START Source data
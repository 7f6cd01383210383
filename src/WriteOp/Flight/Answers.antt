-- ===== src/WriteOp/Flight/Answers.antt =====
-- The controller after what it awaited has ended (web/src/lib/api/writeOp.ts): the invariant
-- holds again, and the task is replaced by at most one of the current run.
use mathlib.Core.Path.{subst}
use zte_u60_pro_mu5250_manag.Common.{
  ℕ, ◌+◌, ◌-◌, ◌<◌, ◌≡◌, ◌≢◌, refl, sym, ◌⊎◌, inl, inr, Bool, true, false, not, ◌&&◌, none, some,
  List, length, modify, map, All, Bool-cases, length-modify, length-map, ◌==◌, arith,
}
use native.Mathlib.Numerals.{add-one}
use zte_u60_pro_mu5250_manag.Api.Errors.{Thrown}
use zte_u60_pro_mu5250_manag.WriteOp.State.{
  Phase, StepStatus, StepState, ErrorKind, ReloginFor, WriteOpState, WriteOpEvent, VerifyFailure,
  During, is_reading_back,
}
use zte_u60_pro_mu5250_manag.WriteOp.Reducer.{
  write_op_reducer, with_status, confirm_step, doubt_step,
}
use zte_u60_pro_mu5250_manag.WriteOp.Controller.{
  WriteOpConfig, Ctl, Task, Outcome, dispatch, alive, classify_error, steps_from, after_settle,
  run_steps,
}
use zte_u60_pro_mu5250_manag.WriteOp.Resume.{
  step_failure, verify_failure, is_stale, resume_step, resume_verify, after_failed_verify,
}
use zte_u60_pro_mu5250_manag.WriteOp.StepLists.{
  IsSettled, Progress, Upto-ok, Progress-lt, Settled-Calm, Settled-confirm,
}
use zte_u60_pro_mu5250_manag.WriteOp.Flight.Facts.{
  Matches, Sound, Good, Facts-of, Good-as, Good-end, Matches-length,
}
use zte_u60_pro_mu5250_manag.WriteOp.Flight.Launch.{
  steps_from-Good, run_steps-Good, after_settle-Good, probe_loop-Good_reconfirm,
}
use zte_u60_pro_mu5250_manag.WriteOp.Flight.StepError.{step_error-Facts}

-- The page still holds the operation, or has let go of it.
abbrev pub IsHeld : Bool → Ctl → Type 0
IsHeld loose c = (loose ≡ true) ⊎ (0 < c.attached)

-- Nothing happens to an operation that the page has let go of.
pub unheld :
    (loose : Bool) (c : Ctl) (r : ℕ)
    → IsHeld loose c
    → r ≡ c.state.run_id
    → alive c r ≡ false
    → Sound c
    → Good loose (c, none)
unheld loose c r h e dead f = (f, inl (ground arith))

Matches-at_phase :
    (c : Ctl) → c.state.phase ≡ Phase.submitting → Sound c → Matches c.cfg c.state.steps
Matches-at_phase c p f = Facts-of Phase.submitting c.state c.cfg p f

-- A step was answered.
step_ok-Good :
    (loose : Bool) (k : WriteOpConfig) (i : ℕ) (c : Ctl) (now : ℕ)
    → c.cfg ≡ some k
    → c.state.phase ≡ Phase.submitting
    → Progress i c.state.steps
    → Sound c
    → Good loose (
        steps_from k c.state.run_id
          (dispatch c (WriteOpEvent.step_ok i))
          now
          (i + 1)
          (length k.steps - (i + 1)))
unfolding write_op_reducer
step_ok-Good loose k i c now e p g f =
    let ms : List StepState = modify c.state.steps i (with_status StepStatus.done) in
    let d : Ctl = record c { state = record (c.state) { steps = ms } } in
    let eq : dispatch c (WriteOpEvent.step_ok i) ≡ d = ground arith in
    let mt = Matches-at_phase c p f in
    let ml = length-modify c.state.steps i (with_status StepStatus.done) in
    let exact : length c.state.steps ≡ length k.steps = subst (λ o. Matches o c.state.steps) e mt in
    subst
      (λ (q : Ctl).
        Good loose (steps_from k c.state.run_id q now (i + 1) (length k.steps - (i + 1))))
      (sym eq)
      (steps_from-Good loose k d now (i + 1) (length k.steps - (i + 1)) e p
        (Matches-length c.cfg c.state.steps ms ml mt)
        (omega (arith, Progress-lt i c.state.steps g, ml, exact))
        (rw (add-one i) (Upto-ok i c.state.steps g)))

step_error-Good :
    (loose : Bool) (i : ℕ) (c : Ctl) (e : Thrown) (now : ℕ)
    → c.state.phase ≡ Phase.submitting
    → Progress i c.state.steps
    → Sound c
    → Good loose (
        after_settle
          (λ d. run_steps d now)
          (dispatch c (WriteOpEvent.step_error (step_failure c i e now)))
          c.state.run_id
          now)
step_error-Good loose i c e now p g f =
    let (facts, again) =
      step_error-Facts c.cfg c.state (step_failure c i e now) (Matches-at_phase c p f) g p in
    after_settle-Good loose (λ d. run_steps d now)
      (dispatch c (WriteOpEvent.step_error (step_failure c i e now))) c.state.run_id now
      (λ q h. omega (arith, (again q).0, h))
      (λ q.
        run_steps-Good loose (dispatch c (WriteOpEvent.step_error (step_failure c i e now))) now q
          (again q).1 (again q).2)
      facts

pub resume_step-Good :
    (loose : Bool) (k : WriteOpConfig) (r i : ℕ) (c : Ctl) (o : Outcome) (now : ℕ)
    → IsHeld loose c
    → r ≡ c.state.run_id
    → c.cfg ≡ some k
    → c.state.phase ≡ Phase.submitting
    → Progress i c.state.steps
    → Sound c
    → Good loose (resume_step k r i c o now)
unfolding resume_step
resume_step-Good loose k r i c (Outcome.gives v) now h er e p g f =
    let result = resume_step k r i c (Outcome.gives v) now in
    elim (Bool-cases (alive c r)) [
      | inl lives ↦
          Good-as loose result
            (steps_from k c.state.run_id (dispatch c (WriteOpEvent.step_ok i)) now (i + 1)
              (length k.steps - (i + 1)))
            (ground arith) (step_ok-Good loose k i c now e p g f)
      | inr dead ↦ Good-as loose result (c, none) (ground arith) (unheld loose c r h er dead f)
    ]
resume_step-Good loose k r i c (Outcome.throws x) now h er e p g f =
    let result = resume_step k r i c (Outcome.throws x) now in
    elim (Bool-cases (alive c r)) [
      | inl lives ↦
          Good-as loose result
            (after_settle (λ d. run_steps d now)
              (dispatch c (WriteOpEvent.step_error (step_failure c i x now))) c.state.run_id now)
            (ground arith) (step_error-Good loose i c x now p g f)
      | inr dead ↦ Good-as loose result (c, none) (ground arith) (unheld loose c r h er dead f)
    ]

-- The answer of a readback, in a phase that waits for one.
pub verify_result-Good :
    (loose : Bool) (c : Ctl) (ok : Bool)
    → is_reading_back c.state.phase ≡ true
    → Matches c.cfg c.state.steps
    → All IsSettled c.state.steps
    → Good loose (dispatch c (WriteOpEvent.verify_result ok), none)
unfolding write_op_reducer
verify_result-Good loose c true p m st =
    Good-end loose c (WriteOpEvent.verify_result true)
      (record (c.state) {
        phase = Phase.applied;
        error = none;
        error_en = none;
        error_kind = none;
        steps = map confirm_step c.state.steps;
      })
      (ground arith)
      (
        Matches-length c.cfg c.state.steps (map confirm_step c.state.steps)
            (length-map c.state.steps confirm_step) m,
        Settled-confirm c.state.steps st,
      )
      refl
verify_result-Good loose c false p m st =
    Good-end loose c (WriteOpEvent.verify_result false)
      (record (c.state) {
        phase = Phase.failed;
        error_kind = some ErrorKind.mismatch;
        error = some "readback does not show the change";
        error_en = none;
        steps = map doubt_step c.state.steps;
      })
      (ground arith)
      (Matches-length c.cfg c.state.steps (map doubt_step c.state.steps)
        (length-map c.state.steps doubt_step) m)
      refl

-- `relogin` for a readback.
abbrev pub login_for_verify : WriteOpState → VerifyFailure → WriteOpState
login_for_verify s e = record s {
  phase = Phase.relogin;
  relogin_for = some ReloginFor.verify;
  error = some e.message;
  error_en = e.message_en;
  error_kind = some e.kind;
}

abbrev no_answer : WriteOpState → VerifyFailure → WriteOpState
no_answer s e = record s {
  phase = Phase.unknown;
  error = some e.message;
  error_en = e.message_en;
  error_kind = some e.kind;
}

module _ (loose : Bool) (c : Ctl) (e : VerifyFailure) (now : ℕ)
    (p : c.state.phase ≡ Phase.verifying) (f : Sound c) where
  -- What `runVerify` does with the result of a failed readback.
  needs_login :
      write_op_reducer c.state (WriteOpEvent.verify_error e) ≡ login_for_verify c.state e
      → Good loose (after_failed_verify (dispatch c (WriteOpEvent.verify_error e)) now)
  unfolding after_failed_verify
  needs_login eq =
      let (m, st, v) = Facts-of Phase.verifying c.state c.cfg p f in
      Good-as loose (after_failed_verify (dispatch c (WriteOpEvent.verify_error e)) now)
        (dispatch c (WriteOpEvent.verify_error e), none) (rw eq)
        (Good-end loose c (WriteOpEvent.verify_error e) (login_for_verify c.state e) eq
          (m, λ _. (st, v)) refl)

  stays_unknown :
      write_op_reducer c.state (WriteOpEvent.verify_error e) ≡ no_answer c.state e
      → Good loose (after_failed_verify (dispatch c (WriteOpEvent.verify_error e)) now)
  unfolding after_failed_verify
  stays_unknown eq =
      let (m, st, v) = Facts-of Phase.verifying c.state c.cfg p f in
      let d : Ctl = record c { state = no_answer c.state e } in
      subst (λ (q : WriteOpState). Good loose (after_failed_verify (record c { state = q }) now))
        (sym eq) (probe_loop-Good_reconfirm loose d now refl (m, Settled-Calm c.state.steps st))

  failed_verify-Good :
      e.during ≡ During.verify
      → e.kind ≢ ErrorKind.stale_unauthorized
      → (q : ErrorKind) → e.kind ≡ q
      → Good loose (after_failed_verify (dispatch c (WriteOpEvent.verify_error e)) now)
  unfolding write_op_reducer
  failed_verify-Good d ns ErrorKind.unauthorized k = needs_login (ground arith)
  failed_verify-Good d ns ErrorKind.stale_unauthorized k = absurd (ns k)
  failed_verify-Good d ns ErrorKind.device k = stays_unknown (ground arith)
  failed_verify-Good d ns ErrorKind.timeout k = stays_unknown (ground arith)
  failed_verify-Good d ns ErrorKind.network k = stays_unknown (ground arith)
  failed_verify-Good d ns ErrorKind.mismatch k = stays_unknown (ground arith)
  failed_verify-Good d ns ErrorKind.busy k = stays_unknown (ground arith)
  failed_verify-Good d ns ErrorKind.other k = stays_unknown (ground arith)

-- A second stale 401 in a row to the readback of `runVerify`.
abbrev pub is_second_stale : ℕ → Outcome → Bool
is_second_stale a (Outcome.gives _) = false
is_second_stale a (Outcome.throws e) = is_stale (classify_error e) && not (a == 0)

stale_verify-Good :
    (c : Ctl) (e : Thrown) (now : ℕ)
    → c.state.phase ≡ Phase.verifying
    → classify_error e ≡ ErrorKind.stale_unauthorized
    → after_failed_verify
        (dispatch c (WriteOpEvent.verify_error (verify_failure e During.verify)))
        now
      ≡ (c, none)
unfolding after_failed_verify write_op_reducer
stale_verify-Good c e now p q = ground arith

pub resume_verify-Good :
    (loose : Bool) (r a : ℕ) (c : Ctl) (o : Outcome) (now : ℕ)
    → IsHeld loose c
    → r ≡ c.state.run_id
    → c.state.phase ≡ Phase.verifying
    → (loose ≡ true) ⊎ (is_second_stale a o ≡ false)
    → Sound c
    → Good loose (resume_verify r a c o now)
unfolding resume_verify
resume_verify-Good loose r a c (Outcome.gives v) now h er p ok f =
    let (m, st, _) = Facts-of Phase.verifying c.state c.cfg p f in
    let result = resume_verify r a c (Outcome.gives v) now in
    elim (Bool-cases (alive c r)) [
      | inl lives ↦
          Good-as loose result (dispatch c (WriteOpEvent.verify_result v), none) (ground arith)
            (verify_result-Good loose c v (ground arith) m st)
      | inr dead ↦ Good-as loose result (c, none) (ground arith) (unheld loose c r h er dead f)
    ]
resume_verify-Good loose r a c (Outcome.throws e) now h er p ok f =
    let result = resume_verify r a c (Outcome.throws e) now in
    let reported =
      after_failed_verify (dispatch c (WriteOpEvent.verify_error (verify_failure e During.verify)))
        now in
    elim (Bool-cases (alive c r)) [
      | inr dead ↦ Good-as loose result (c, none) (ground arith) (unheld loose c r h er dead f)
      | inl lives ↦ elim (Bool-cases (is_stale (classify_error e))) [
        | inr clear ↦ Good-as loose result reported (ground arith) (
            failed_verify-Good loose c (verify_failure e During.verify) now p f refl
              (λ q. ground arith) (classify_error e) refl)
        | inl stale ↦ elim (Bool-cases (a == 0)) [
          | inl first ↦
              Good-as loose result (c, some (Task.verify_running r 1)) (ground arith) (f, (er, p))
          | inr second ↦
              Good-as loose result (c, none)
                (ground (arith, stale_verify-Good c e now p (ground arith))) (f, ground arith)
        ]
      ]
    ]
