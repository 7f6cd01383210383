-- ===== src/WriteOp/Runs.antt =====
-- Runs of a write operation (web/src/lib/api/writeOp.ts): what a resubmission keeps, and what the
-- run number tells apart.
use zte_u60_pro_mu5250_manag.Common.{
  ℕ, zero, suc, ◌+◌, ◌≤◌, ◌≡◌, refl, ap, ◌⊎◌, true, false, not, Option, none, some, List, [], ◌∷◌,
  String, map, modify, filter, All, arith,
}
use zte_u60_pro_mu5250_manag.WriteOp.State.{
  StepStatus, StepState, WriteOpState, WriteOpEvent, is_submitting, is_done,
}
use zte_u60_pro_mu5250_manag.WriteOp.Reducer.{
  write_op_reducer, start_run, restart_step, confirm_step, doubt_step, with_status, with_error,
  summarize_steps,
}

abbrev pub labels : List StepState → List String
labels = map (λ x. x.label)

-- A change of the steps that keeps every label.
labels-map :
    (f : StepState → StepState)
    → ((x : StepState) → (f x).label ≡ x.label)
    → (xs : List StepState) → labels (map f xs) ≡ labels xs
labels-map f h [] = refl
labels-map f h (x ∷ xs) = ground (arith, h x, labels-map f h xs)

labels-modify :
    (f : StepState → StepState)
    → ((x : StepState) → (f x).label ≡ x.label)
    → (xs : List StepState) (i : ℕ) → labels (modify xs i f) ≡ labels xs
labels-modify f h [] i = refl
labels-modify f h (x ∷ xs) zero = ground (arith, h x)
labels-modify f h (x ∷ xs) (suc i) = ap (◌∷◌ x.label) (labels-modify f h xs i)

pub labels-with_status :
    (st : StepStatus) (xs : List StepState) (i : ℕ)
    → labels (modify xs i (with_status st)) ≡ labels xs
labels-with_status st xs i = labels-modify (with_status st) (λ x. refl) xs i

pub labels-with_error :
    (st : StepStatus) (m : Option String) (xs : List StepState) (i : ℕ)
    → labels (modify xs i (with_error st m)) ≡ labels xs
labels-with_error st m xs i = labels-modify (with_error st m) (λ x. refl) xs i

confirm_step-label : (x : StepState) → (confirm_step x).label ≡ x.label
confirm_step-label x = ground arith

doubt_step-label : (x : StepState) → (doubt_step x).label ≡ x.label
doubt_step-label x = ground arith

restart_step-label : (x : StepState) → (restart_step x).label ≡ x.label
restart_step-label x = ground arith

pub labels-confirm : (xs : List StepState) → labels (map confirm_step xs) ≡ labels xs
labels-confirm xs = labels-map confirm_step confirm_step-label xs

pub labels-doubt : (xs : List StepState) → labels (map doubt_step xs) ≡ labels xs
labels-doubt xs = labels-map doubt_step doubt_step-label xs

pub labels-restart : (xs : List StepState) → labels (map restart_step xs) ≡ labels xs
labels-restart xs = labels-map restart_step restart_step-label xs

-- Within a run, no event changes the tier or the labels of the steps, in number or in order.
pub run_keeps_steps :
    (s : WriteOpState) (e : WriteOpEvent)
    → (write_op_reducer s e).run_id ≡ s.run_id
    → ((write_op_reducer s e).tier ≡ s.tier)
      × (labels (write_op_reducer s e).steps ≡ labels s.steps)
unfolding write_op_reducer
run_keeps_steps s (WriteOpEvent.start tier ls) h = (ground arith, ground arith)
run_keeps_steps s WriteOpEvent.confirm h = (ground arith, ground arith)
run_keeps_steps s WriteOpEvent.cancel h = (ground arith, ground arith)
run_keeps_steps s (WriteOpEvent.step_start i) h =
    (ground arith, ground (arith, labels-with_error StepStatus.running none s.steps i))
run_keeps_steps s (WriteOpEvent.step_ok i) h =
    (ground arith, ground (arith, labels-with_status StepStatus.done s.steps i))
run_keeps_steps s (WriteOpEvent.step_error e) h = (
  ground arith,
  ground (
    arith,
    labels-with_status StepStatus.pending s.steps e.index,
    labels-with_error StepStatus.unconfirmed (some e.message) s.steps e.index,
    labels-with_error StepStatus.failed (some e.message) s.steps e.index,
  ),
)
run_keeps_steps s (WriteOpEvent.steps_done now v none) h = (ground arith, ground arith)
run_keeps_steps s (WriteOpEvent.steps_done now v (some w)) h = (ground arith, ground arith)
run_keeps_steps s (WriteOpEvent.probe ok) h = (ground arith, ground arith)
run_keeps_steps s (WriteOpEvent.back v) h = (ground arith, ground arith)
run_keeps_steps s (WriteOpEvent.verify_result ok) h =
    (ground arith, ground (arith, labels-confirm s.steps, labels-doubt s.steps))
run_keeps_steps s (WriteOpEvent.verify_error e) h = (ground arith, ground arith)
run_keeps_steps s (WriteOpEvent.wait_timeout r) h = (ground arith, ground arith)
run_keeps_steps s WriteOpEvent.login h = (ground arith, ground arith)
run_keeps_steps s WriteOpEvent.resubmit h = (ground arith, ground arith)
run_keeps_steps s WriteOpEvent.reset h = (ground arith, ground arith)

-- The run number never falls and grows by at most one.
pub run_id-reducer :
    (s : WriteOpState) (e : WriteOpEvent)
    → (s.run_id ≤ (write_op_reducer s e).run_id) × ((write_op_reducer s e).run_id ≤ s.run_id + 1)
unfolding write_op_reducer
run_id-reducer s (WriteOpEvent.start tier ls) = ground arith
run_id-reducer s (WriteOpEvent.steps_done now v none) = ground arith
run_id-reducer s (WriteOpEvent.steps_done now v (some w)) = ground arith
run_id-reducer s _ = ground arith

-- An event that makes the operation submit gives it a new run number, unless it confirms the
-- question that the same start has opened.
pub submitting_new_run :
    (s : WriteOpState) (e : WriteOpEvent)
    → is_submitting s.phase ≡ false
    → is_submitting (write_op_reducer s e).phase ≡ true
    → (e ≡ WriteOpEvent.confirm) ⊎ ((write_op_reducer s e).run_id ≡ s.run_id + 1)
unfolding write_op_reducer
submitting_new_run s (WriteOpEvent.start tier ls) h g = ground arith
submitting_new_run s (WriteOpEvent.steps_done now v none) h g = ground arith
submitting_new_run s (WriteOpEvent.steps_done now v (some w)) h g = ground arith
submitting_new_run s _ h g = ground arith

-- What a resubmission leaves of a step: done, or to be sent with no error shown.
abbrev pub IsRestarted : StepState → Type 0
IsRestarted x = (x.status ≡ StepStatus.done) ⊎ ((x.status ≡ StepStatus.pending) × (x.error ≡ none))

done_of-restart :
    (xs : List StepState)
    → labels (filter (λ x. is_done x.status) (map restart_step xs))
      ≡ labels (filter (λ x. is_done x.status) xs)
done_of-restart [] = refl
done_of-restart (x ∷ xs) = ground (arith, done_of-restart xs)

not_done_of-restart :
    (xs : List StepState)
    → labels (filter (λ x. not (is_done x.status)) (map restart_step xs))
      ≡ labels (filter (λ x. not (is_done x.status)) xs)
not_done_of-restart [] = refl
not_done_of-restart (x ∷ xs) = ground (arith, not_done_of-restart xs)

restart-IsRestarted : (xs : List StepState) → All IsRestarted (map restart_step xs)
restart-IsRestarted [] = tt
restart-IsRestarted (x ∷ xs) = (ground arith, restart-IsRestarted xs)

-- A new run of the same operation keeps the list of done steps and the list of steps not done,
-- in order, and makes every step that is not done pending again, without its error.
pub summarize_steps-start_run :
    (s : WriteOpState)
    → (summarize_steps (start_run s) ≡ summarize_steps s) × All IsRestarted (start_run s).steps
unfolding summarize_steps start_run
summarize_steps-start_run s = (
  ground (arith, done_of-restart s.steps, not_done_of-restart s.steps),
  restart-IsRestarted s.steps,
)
END Source data
What to do:
Would you retype the lines of the data above, from the one holding "IsRestarted x = (x.status" through its final line, exactly and without adding any other line?

Response area:
IsRestarted x = (x.status ≡ StepStatus.done) ⊎ ((x.status ≡ StepStatus.pending) × (x.error ≡ none))

done_of-restart :
    (xs : List StepState)
    → labels (filter (λ x. is_done x.status) (map restart_step xs))
      ≡ labels (filter (λ x. is_done x.status) xs)
done_of-restart [] = refl
done_of-restart (x ∷ xs) = ground (arith, done_of-restart xs)

not_done_of-restart :
    (xs : List StepState)
    → labels (filter (λ x. not (is_done x.status)) (map restart_step xs))
      ≡ labels (filter (λ x. not (is_done x.status)) xs)
not_done_of-restart [] = refl
not_done_of-restart (x ∷ xs) = ground (arith, not_done_of-restart xs)

restart-IsRestarted : (xs : List StepState) → All IsRestarted (map restart_step xs)
restart-IsRestarted [] = tt
restart-IsRestarted (x ∷ xs) = (ground arith, restart-IsRestarted xs)

-- A new run of the same operation keeps the list of done steps and the list of steps not done,
-- in order, and makes every step that is not done pending again, without its error.
pub summarize_steps-start_run :
    (s : WriteOpState)
    → (summarize_steps (start_run s) ≡ summarize_steps s) × All IsRestarted (start_run s).steps
unfolding summarize_steps start_run
summarize_steps-start_run s = (
  ground (arith, done_of-restart s.steps, not_done_of-restart s.steps),
  restart-IsRestarted s.steps,
)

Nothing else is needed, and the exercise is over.